A twitter conversation recently based around this poll.
View on Twitter.
DF = Dark Futures (Me)
VVG= Vaelin van Gogh
DF: Anyone picking “Reason and evidence” is either grossly naive or doesn’t know what morals are.
VVG: If you can agree that unnecessary suffering of conscious creatures is immoral, then reason and evidence can guide your morals from there.
DF: Reason and evidence doesn’t let you identify the axioms of morality. That’s what I’m answering. Reason does let you refine it though.
VVG: That’s why I stated my premise.
DF: But we’re talking about identifying moral facts/axioms here. Evidence has no bearing on them, because evidence only tells us what is.
VVG: Not denying Hume’s is/ought problem completely, but if you discard superstition and accept my basic premise then many moral axioms follow.
DF: But there’s no reason to accept your premise.
VVG: Really? Not easy to construct any moral framework without it. All arguments must begin with fundamental unproven premises.
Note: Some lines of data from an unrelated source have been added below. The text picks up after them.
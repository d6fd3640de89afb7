-- ===== src/Components/DrawerLayout/View.antt =====
-- What src/frontend/src/components/common/drawer-layout.tsx shows: the sidebar, which is expanded or
-- collapsed, and the contents of its dialogs. Texts are written out; `N` is what React renders.
use swarm_engine.Prelude.{
  ℕ, ◌+◌, Bool, true, false, not, Option, none, some, List, [], ◌∷◌, ◌++◌, map, ltb, if◌then◌else◌,
}
use swarm_engine.Text.{Str, codes}
use swarm_engine.Cluster.{ModelInfo}
use swarm_engine.Components.NodeList.{NodeListVariant, menu}
use swarm_engine.Components.DrawerLayout.{
  DrawerDialog, waiting_dialog, rebalancing_dialog, need_more_nodes_dialog, failed_dialog,
}

-- A part of the content of a dialog: a paragraph, one in the color of disabled text, the join commands,
-- or the list of nodes.
pub data DialogPart : Type 0 where
  paragraph remark : Str → DialogPart
  join_command : DialogPart
  nodes : NodeListVariant → DialogPart

pub data TitleIconName : Type 0 where
  info_circle circle_plus : TitleIconName

-- The options of `useAlertDialog`; all have the color `primary`, and `Finish` to confirm.
pub record DialogContent : Type 0 where
  pub title_icon : Option TitleIconName
  pub title : Str
  pub parts : List DialogPart
  pub confirm_label : Str

abbrev finish_label : Str
finish_label = codes "Finish"

-- The second half of the dialogs with the join commands.
abbrev node_status_parts : List DialogPart
node_status_parts =
    paragraph (codes "Check your live node status")
    ∷ remark (
        codes "After you successfully start the server on the nodes, you should see them show up "
        ++ codes "on the below dashboard.")
    ∷ nodes NodeListVariant.list
    ∷ []

abbrev waiting_content : DialogContent
waiting_content = record {
  title_icon = some info_circle;
  title = codes "Reconnect your nodes";
  parts = paragraph (codes "Run join command on your new Node") ∷ join_command ∷ node_status_parts;
  confirm_label = finish_label;
}

abbrev rebalancing_content : DialogContent
rebalancing_content = record {
  title_icon = none;
  title = [];
  parts =
      paragraph (codes "Cluster rebalancing")
      ∷ remark (
          codes "We have noticed one of your nodes has been disconnected. We are now rebalancing "
          ++ (codes "your inference requests onto working nodes. Please wait a few seconds for the "
              ++ codes "cluster to rebalance itself."))
      ∷ nodes menu
      ∷ [];
  confirm_label = finish_label;
}

-- ` You’ll need a minimum of ... to host this model.`, of a model whose memory is known; `text_of`
-- writes a number.
unfoldable vram_text : (ℕ → Str) → Option ModelInfo → Str
vram_text text_of none = []
vram_text text_of (some m) =
    if ltb 0 m.vram
    then codes " You’ll need a minimum of "
      ++ (text_of m.vram ++ codes " GB of total VRAM to host this model.")
    else []

unfoldable need_more_nodes_content : (ℕ → Str) → Option ModelInfo → DialogContent
unfolding vram_text
need_more_nodes_content text_of model = record {
  title_icon = none;
  title = [];
  parts =
      paragraph (codes "Your selected model requires more nodes." ++ vram_text text_of model) ∷ [];
  confirm_label = finish_label;
}

abbrev failed_content : DialogContent
failed_content = record {
  title_icon = none;
  title = [];
  parts =
      paragraph (codes "Scheduler restart")
      ∷ remark (
          codes
            "We have noticed that your scheduler has been disconnected (this would be the computer "
          ++ (codes "that ran the parallax run command). You would need to restart the scheduler, "
              ++ codes "reconfigure the cluster, and your chat will be back up again!"))
      ∷ [];
  confirm_label = finish_label;
}

abbrev join_content : DialogContent
join_content = record {
  title_icon = some circle_plus;
  title = codes "Add New Nodes";
  parts = paragraph (codes "Run join command on all nodes") ∷ join_command ∷ node_status_parts;
  confirm_label = finish_label;
}

-- The dialogs that a status opens, with the model of the configuration.
unfoldable dialog_content : (ℕ → Str) → Option ModelInfo → DrawerDialog → DialogContent
unfolding need_more_nodes_content
dialog_content text_of model waiting_dialog = waiting_content
dialog_content text_of model rebalancing_dialog = rebalancing_content
dialog_content text_of model need_more_nodes_dialog = need_more_nodes_content text_of model
dialog_content text_of model failed_dialog = failed_content

-- `sidebarExpanded`, and how often the dialog of the join commands was opened.
pub record SidebarState : Type 0 where
  pub expanded : Bool
  pub join_opened : ℕ

abbrev pub new_sidebar : SidebarState
new_sidebar = record { expanded = true; join_opened = 0 }

-- What the user can press in the sidebar: the toggle, and the button that adds nodes.
pub data SidebarEvent : Type 0 where
  toggle add_nodes : SidebarEvent

-- What the sidebar shows: its width in hundredths of rem, the tooltip of the toggle, whether the brand
-- gives way to the toggle when the pointer is over it, and, if it is expanded, the list of the nodes with
-- its title and the button below it.
pub record SidebarView : Type 0 where
  pub width : ℕ
  pub tooltip : Str
  pub brand_hides : Bool
  pub topology : Option (Str × NodeListVariant × Str)

unfoldable sidebar_view : SidebarState → SidebarView
sidebar_view s =
    if s.expanded
    then record {
      width = 1625;
      tooltip = codes "Collapse Sidebar";
      brand_hides = false;
      topology = some (codes "Cluster topology", menu, codes "Add Nodes");
    }
    else record {
      width = 350;
      tooltip = codes "Expand Sidebar";
      brand_hides = true;
      topology = none;
    }

-- The button that adds nodes can be pressed only while it is shown.
unfoldable sidebar_step : SidebarState → SidebarEvent → Option SidebarState
unfolding sidebar_view
sidebar_step s toggle = some (record s { expanded = not s.expanded })
sidebar_step s add_nodes = elim (sidebar_view s).topology [
  | none ↦ none
  | some t ↦ some (record s { join_opened = s.join_opened + 1 })
]

unfoldable pub sidebar_run : SidebarState → List SidebarEvent → Option SidebarState
unfolding sidebar_step
sidebar_run s [] = some s
sidebar_run s (e ∷ es) = elim (sidebar_step s e) [ none ↦ none | some t ↦ sidebar_run t es ]

-- The whole layout: the sidebar, the header with the choice of the model, its content, and the dialogs in
-- their order, the one of the join commands first.
pub record LayoutView (N : Type 0) : Type 0 where
  pub sidebar : SidebarView
  pub select_variant : Str
  pub select_commits : Bool
  pub content : N
  pub dialogs : List DialogContent

unfoldable pub layout_view :
    {N : Type 0} → (ℕ → Str) → Option ModelInfo → SidebarState → N → LayoutView N
unfolding sidebar_view dialog_content
layout_view text_of model s children = record {
  sidebar = sidebar_view s;
  select_variant = codes "text";
  select_commits = true;
  content = children;
  dialogs =
      join_content
      ∷ map (dialog_content text_of model)
          (waiting_dialog ∷ rebalancing_dialog ∷ failed_dialog ∷ need_more_nodes_dialog ∷ []);
}
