-- ===== src/Components/MainLayout.antt =====
-- src/frontend/src/components/common/main-layout.tsx: what the layout of the setup pages shows, with the
-- information for debugging; and the size of the pulse of
-- src/frontend/src/components/inputs/dot-pulse.tsx. `N` is what React renders.
use swarm_engine.Prelude.{ℕ, Bool, Option, none, some, List, [], ◌∷◌, if◌then◌else◌}
use swarm_engine.Text.{Str, codes}
use swarm_engine.Json.{Json, undefined, bool, num, str, obj, Fields, end, entry}
use swarm_engine.Cluster.{
  ModelInfo, ClusterInfo, ClusterStatus, ClusterState, NetworkType, local, remote,
}

-- `contentEnd` when the layout is used: not given, or given, and then maybe nothing.
pub data EndContent (N : Type 0) : Type 0 where
  not_given : EndContent N
  given : Option N → EndContent N

-- What stands at the end: nothing, what was given, or the information for debugging.
pub data EndView (N D : Type 0) : Type 0 where
  nothing : EndView N D
  shown : N → EndView N D
  debug_info : D → EndView N D

pub record MainLayoutView (N D : Type 0) : Type 0 where
  pub children : N
  pub start : Option N
  pub end_view : EndView N D

-- A list of fields, each with its JSON text.
pub record DebugRecord : Type 0 where
  pub title : Str
  pub fields : List (Str × Json)

pub record DebugInfo : Type 0 where
  pub records : List DebugRecord
  pub links : List Str

abbrev network_text : NetworkType → Str
network_text local = codes "local"
network_text remote = codes "remote"

abbrev status_text : ClusterStatus → Str
status_text ClusterStatus.offline = codes "offline"
status_text ClusterStatus.idle = codes "idle"
status_text ClusterStatus.waiting = codes "waiting"
status_text ClusterStatus.available = codes "available"
status_text ClusterStatus.rebalancing = codes "rebalancing"
status_text ClusterStatus.failed = codes "failed"

abbrev model_json : Option ModelInfo → Json
model_json none = undefined
model_json (some m) = obj (
    entry (codes "name") (str m.name) (
      entry (codes "displayName") (str m.display_name)
        (entry (codes "logoUrl") (str m.logo_url) (entry (codes "vram") (num m.vram) end))))

abbrev commands_json : List (Str × Str) → Fields
commands_json [] = end
commands_json ((k, v) ∷ rest) = entry k (str v) (commands_json rest)

-- `Object.entries(clusterInfo)`
abbrev cluster_fields : ClusterInfo → List (Str × Json)
cluster_fields i =
    (codes "id", str i.id)
    ∷ (codes "status", str (status_text i.status))
    ∷ (codes "modelName", str i.model_name)
    ∷ (codes "modelInfo", model_json i.model_info)
    ∷ (codes "nodeJoinCommand", obj (commands_json i.node_join_command))
    ∷ (codes "initNodesNumber", num i.init_nodes_number)
    ∷ (codes "needMoreNodes", bool i.need_more_nodes)
    ∷ []

-- `DebugInfo`: only the development build shows it.
unfoldable debug_info_view : Bool → ClusterState → Option DebugInfo
debug_info_view dev s =
    if dev
    then some (record {
      records =
          record {
            title = codes "Init Parameters";
            fields =
                (codes "initNodesNumber", num s.init_nodes_number)
                ∷ (codes "networkType", str (network_text s.network_type))
                ∷ (codes "modelName", str s.model_name)
                ∷ [];
          }
          ∷ record { title = codes "Status Info"; fields = cluster_fields s.cluster_info }
          ∷ [];
      links = codes "/setup" ∷ codes "/join" ∷ codes "/chat" ∷ [];
    })
    else none

abbrev shown_or_nothing : {N D : Type 0} → Option N → EndView N D
shown_or_nothing none = nothing
shown_or_nothing (some n) = shown n

abbrev debug_or_nothing : {N D : Type 0} → Option D → EndView N D
debug_or_nothing none = nothing
debug_or_nothing (some d) = debug_info d

-- `MainLayout`
unfoldable pub main_layout :
    {N : Type 0} → Bool → ClusterState → N → Option N → EndContent N → MainLayoutView N DebugInfo
unfolding debug_info_view
main_layout dev s children start not_given = record {
  children = children;
  start = start;
  end_view = debug_or_nothing (debug_info_view dev s);
}
main_layout dev s children start (given content) = record {
  children = children;
  start = start;
  end_view = shown_or_nothing content;
}

-- `DotPulseSize`
pub data DotPulseSize : Type 0 where
  small medium large : DotPulseSize

-- `SIZE_MAP`, in hundredths of rem, of a size that is `medium` if it is not given.
abbrev dot_pulse_size : Option DotPulseSize → ℕ
dot_pulse_size none = 125
dot_pulse_size (some small) = 100
dot_pulse_size (some medium) = 125
dot_pulse_size (some large) = 225
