-- ===== src/Components/NodeList/Rows.antt =====
-- How many rows and dashes the list of nodes has.
use Prim.Native.Nat.{zero, suc, max}
use swarm_engine.Prelude.{
  ℕ, ◌+◌, ◌-◌, ◌≡◌, refl, ap, ap₂, ◌∙◌, inl, inr, Bool, true, false, not, List, [], ◌∷◌, ◌++◌, map,
  arith, if◌then◌else◌, Bool-cases, length, length-append, filter, length-map,
}
use swarm_engine.Cluster.{ClusterStatus, NodeInfo}
use swarm_engine.Components.NodeList.{
  NodeListVariant, list, menu, Row, dash, node_row, render_rows, placeholders, cluster_idle,
  missing_nodes, node_list,
}

abbrev is_dash : Row → Bool
is_dash (dash g) = true
is_dash _ = false

-- The rows that are no dash.
abbrev pub entries : List Row → List Row
entries rs = filter (λ r. not (is_dash r)) rs

abbrev pub dashes : List Row → ℕ
dashes rs = length (filter is_dash rs)

-- How many dashes stand among `n` rows.
abbrev pub expected_dashes : NodeListVariant → ℕ → ℕ
expected_dashes list n = 0
expected_dashes menu n = n - 1

abbrev IsEntries : List Row → Type 0
IsEntries [] = Unit
IsEntries (r ∷ rs) = (is_dash r ≡ false) × IsEntries rs

list-rows :
    (g : Bool) (rs : List Row) (i : ℕ)
    → IsEntries rs
    → (entries (render_rows list g rs i) ≡ rs) × (dashes (render_rows list g rs i) ≡ 0)
unfolding render_rows
list-rows g [] i h = (refl, refl)
list-rows g (r ∷ rs) i h = let (e, d) = list-rows g rs i h.1 in (rw h.0 (ap (r ∷◌) e), rw h.0 d)

menu-rows :
    (g : Bool) (rs : List Row) (i : ℕ)
    → IsEntries rs
    → (entries (render_rows menu g rs (suc i)) ≡ rs)
      × (dashes (render_rows menu g rs (suc i)) ≡ length rs)
unfolding render_rows
menu-rows g [] i h = (refl, refl)
menu-rows g (r ∷ rs) i h =
    let (e, d) = menu-rows g rs (suc i) h.1 in (rw h.0 (ap (r ∷◌) e), rw h.0 (ap suc d))

first-rows :
    (v : NodeListVariant) (g : Bool) (rs : List Row)
    → IsEntries rs
    → (entries (render_rows v g rs 0) ≡ rs)
      × (dashes (render_rows v g rs 0) ≡ expected_dashes v (length rs))
unfolding render_rows
first-rows list g rs h = list-rows g rs 0 h
first-rows menu g [] h = (refl, refl)
first-rows menu g (r ∷ rs) h =
    let (e, d) = menu-rows g rs 0 h.1 in (rw h.0 (ap (r ∷◌) e), rw h.0 (d ∙ omega arith))

placeholders-IsEntries : (n : ℕ) → IsEntries (placeholders n)
unfolding placeholders
placeholders-IsEntries zero = tt
placeholders-IsEntries (suc n) = (refl, placeholders-IsEntries n)

rows-IsEntries : (nodes : List NodeInfo) (n : ℕ) → IsEntries (map node_row nodes ++ placeholders n)
rows-IsEntries [] n = placeholders-IsEntries n
rows-IsEntries (x ∷ nodes) n = (refl, rows-IsEntries nodes n)

length-placeholders : (n : ℕ) → length (placeholders n) ≡ n
unfolding placeholders
length-placeholders zero = refl
length-placeholders (suc n) = ap suc (length-placeholders n)

-- The number of rows that are to be shown: no fewer than the nodes that are there, nor, unless the
-- cluster is idle, than the nodes that it expects.
abbrev pub shown_rows : ClusterStatus → ℕ → ℕ → ℕ
shown_rows c expected present = if cluster_idle c then present else max present expected

count_lem : (c : ClusterStatus) (e p : ℕ) → p + missing_nodes c e p ≡ shown_rows c e p
unfolding missing_nodes
count_lem c e p = elim (Bool-cases (cluster_idle c)) [
  | inl h ↦ rw h (omega arith)
  | inr h ↦ rw h (ground arith)
]

-- The list shows the nodes that are there, in their order, and behind them a place for each node that
-- is to come; an idle cluster shows no places. In the menu there is one dash fewer than there are such
-- rows, and in the list there is none.
pub node_list_rows :
    (v : NodeListVariant) (g : Bool) (c : ClusterStatus) (expected : ℕ) (nodes : List NodeInfo)
    → (missing : ℕ) × (entries (node_list v g c expected nodes)
        ≡ map node_row nodes ++ placeholders missing)
      × (length nodes + missing ≡ shown_rows c expected (length nodes))
      × (dashes (node_list v g c expected nodes)
          ≡ expected_dashes v (shown_rows c expected (length nodes)))
unfolding node_list
node_list_rows v g c expected nodes =
    let m = missing_nodes c expected (length nodes) in
    let (e, d) = first-rows v g (map node_row nodes ++ placeholders m) (rows-IsEntries nodes m) in
    (m, e, count_lem c expected (length nodes), d ∙ ap (expected_dashes v) (counted m))
  where
    counted :
        (m : ℕ)
        → length (map node_row nodes ++ placeholders (missing_nodes c expected (length nodes)))
          ≡ shown_rows c expected (length nodes)
    counted m =
        length-append (map node_row nodes) (placeholders (missing_nodes c expected (length nodes)))
        ∙ ap₂ ◌+◌ (length-map node_row nodes)
            (length-placeholders (missing_nodes c expected (length nodes)))
        ∙ count_lem c expected (length nodes)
DF: All arguments must begin with fundamentals, true. What you proposed is not a fundamental.
VVG: Well it’s not Descartes, but it’s quite basic to any moral framework.
DF: Depends where you look, it certainly wasn’t the case for much of history. Of course, tribes/groups tended to define only themselves as human. So no, saying it’s ‘quite basic’ to any moral framework is not true.
VVG: Exactly. Even tribes with superstition-based morality (mostly) were guided by that premise relative to their understanding of reality.
DF: Are you intentionally misunderstanding me? They defined themselves as human, but it was obvious that others were human too, just not worthy.
VVG: No, just pointing out that even religious morality is based on avoiding unnecessary suffering of conscious creatures, as they understand it.
DF: I think you’re generalising those terms into meaninglessness.
VVG: No, how to best avoid unnecessary suffering depends on your understanding of the way reality works.
DF: Yes. It all depends on what unnecessary means. And even then. No. Also, like I said before: “We can’t even get secular academics to agree whether people are moral agents or not.”